**Instructions for the task**
When you reach the line containing "rw (e, f) k" in the data below, begin returning lines exactly as written, and stop once the line containing "users_keep branches (syncing_users" has been returned.

**Record set**
——————

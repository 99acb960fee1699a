-- ===== src/Portal/Staff/Kept.antt =====
-- portal_staff_sync.py: the rows that a synchronization of users leaves alone.
use yclients_project.Prelude.{
  leb, ℕ, Option, ◌≡◌, ◌≢◌, refl, sym, ap, ◌∙◌, Bool, true, false, not, ◌&&◌, ◌||◌, some, List, [],
  ◌∷◌, arith, inl, inr, ◌==◌, IsIn, Bool-cases, append-IsIn_left, any, is_empty,
}
use yclients_project.Prelude.Rows.{
  select, IsIn-select, order_by, IsIn-order_by, update-IsIn_hit, update-IsIn_miss,
}
use yclients_project.Prelude.Keyed.{IsKeyed}
use yclients_project.Auth.Sessions.{User}
use yclients_project.Portal.Ownership.{holds}
use yclients_project.Portal.Staff.{
  Staff, is_crm_row, is_own_mirror, add_portal_staff, linked_to, by_company, as_bookable, as_mirror,
  as_fired, serve_company, serve_companies, is_retired, retire_rows, fire_mirrors, target_companies,
  portal_user_syncs_to_staff, staff_display_name, sync_linked, sync_users, is_user_of,
  syncing_users, branch_ids_of, sync_all_portal_users_staff,
}
use yclients_project.Auth.Tenancy.{UserBranch, role_text}
use yclients_project.Portal.Staff.Serving.{
  SameStaff, self-SameStaff, bookable-SameStaff, own_mirror_lem, mirror_same, crm_same, any_some,
  by_company-IsIn, Served, added, of_crm, of_mirror, served,
}

module _ (user : User) (all : List Staff) (keyed : IsKeyed (λ (r : Staff). r.id) all) (row : Staff)
    (here : IsIn row all) (foreign : is_own_mirror user.id row ≡ false) where
  -- The row is there, but for `bookable`.
  abbrev IsKept : List Staff → Type 0
  IsKept rows = (r : Staff) × IsIn r rows × SameStaff r row

  -- No mirror that stands for a branch has the id of the row.
  not_chosen :
      (company : ℕ) (chosen : Staff)
      → by_company user.id (linked_to user.id all) company ≡ some chosen
      → is_crm_row user.id chosen ≡ false
      → chosen.id ≢ row.id
  not_chosen company chosen e crm same =
      let (i, f) = by_company-IsIn user.id company (linked_to user.id all) chosen e in
      let (j, h) = IsIn-select (λ (r : Staff). holds r.portal_user_id user.id) chosen all i in
      let is_row : chosen ≡ row = keyed chosen row j here same in
      cc (ap (is_own_mirror user.id) is_row, own_mirror_lem user.id chosen h crm, foreign)

  served_keeps :
      (company : ℕ) (rows result : List Staff)
      → Served user (linked_to user.id all) company rows result
      → IsKept rows
      → IsKept result
  unfolding add_portal_staff
  served_keeps company rows _ (added e) (r, i, same) = (r, append-IsIn_left r rows _ i, same)
  served_keeps company rows _ (of_crm chosen e h) (r, i, same) =
      elim (Bool-cases (r.id == chosen.id)) [
        | inl f ↦ (
          as_bookable r,
          update-IsIn_hit (λ (x : Staff). x.id == chosen.id) as_bookable r rows i f,
          bookable-SameStaff r row same,
        )
        | inr f ↦
            (r, update-IsIn_miss (λ (x : Staff). x.id == chosen.id) as_bookable r rows i f, same)
      ]
  served_keeps company rows _ (of_mirror chosen e h) (r, i, same) =
      elim (Bool-cases (r.id == chosen.id)) [
        | inl f ↦
            (let ids : r.id ≡ chosen.id = ground arith in
              absurd (not_chosen company chosen e h (sym ids ∙ same.id)))
        | inr f ↦ (
          r,
          update-IsIn_miss (λ (x : Staff). x.id == chosen.id)
              (as_mirror (staff_display_name user) (role_text user.role)) r rows i f,
          same,
        )
      ]

  companies_keep :
      (companies : List ℕ) (rows : List Staff)
      → IsKept rows
      → IsKept (serve_companies user (linked_to user.id all) companies rows)
  unfolding serve_companies
  companies_keep [] rows k = k
  companies_keep (company ∷ companies) rows k =
      companies_keep companies (serve_company user (linked_to user.id all) company rows) (
        served_keeps company rows (serve_company user (linked_to user.id all) company rows)
          (served user (linked_to user.id all) company rows) k)

  not_retired :
      (targets : List ℕ) (r : Staff)
      → SameStaff r row
      → is_retired user.id (linked_to user.id all) targets r ≡ false
  not_retired targets r same =
      elim (Bool-cases (is_retired user.id (linked_to user.id all) targets r)) [
        | inr e ↦ e
        | inl e ↦
            (let (l, i, f) =
                any_some (λ (x : Staff). x.id == r.id) (linked_to user.id all) (ground arith) in
              let (j, h) = IsIn-select (λ (x : Staff). holds x.portal_user_id user.id) l all i in
              let ids : l.id ≡ r.id = ground arith in
              let is_row : l ≡ row = keyed l row j here (ids ∙ same.id) in
              let linked_row : holds row.portal_user_id user.id ≡ true =
                sym (ap (λ (x : Staff). holds x.portal_user_id user.id) is_row) ∙ h in
              let crm : is_crm_row user.id r ≡ false = ground arith in
              let same_crm : is_crm_row user.id r ≡ is_crm_row user.id row =
                crm_same user.id r row same in
              absurd (cc (own_mirror_lem user.id row linked_row (sym same_crm ∙ crm), foreign)))
      ]

  retire_keeps :
      (targets : List ℕ) (rows : List Staff)
      → IsKept rows
      → IsKept (retire_rows user.id (linked_to user.id all) targets rows)
  unfolding retire_rows
  retire_keeps targets rows (r, i, same) = (
    r,
    update-IsIn_miss (is_retired user.id (linked_to user.id all) targets) as_fired r rows i
        (not_retired targets r same),
    same,
  )

  own_same : (r : Staff) → SameStaff r row → is_own_mirror user.id r ≡ false
  own_same r same =
      let linked_same = ap (λ z. holds z user.id) same.portal_user_id in
      rw (mirror_same r row same, linked_same) foreign

  fire_keeps : (rows : List Staff) → IsKept rows → IsKept (fire_mirrors user.id rows)
  unfolding fire_mirrors
  fire_keeps rows (r, i, same) =
      (r, update-IsIn_miss (is_own_mirror user.id) as_fired r rows i (own_same r same), same)

  pub linked_keeps :
      (company_ids : List ℕ) (rows : List Staff)
      → IsKept rows
      → IsKept (sync_linked user company_ids (linked_to user.id all) rows)
  unfolding sync_linked
  linked_keeps company_ids rows k =
      elim (Bool-cases (not (portal_user_syncs_to_staff user) || is_empty company_ids)) [
        | inr e ↦ rw e (
            retire_keeps (target_companies company_ids)
              (serve_companies user (linked_to user.id all) (target_companies company_ids) rows)
              (companies_keep (target_companies company_ids) rows k))
        | inl e ↦
            (elim (Bool-cases (
              any (λ (x : Staff). not (x.fired == 1) && not (is_crm_row user.id x))
                (linked_to user.id all))) [
                  | inl f ↦ rw (e, f) (fire_keeps rows k)
                  | inr f ↦ rw (e, f) k
                ])
      ]

module _ (all : List Staff) (keyed : IsKeyed (λ (r : Staff). r.id) all) (row : Staff)
    (here : IsIn row all) where
  users_keep :
      (branches : List UserBranch) (users : List User) (rows : List Staff)
      → ((user : User) → IsIn user users → is_own_mirror user.id row ≡ false)
      → (r : Staff) × IsIn r rows × SameStaff r row
      → (r : Staff) × IsIn r (sync_users branches all users rows) × SameStaff r row
  unfolding sync_users
  users_keep branches [] rows foreign k = k
  users_keep branches (user ∷ users) rows foreign k =
      users_keep branches users
        (sync_linked user (branch_ids_of user.id branches) (linked_to user.id all) rows)
        (λ u i. foreign u (inr i))
        (linked_keeps user all keyed row here (foreign user (inl refl))
          (branch_ids_of user.id branches) rows k)

  -- A synchronization of all users of a tenant leaves each row that is not a mirror of one of them
  -- who syncs: rows of YClients and the rows of other tenants keep all their fields but `bookable`.
  pub sync_all_keeps_others :
      (account : Option ℕ) (users : List User) (branches : List UserBranch)
      → ((user : User)
          → IsIn user users
          → is_user_of account user ≡ true
          → portal_user_syncs_to_staff user ≡ true
          → is_own_mirror user.id row ≡ false)
      → (r : Staff) × IsIn r (sync_all_portal_users_staff account users branches all)
        × SameStaff r row
  unfolding sync_all_portal_users_staff
  sync_all_keeps_others account users branches foreign =
      let by_id : User → User → Bool = λ a b. leb a.id b.id in
      let of_tenant = select (is_user_of account) users in
      users_keep branches (syncing_users account users) all
        (λ user i.
          (let (j, syncs) =
              IsIn-select portal_user_syncs_to_staff user (order_by by_id of_tenant) i in
            let (k, member) =
              IsIn-select (is_user_of account) user users (IsIn-order_by by_id user of_tenant j) in
            foreign user k member syncs))
        (row, here, self-SameStaff row)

——————

**Result below**
                  | inr f ↦ rw (e, f) k
                ])
      ]

module _ (all : List Staff) (keyed : IsKeyed (λ (r : Staff). r.id) all) (row : Staff)
    (here : IsIn row all) where
  users_keep :
      (branches : List UserBranch) (users : List User) (rows : List Staff)
      → ((user : User) → IsIn user users → is_own_mirror user.id row ≡ false)
      → (r : Staff) × IsIn r rows × SameStaff r row
      → (r : Staff) × IsIn r (sync_users branches all users rows) × SameStaff r row
  unfolding sync_users
  users_keep branches [] rows foreign k = k
  users_keep branches (user ∷ users) rows foreign k =
      users_keep branches users
        (sync_linked user (branch_ids_of user.id branches) (linked_to user.id all) rows)
        (λ u i. foreign u (inr i))
        (linked_keeps user all keyed row here (foreign user (inl refl))
          (branch_ids_of user.id branches) rows k)

  -- A synchronization of all users of a tenant leaves each row that is not a mirror of one of them
  -- who syncs: rows of YClients and the rows of other tenants keep all their fields but `bookable`.
  pub sync_all_keeps_others :
      (account : Option ℕ) (users : List User) (branches : List UserBranch)
      → ((user : User)
          → IsIn user users
          → is_user_of account user ≡ true
          → portal_user_syncs_to_staff user ≡ true
          → is_own_mirror user.id row ≡ false)
      → (r : Staff) × IsIn r (sync_all_portal_users_staff account users branches all)
        × SameStaff r row
  unfolding sync_all_portal_users_staff
  sync_all_keeps_others account users branches foreign =
      let by_id : User → User → Bool = λ a b. leb a.id b.id in
      let of_tenant = select (is_user_of account) users in
      users_keep branches (syncing_users account users) all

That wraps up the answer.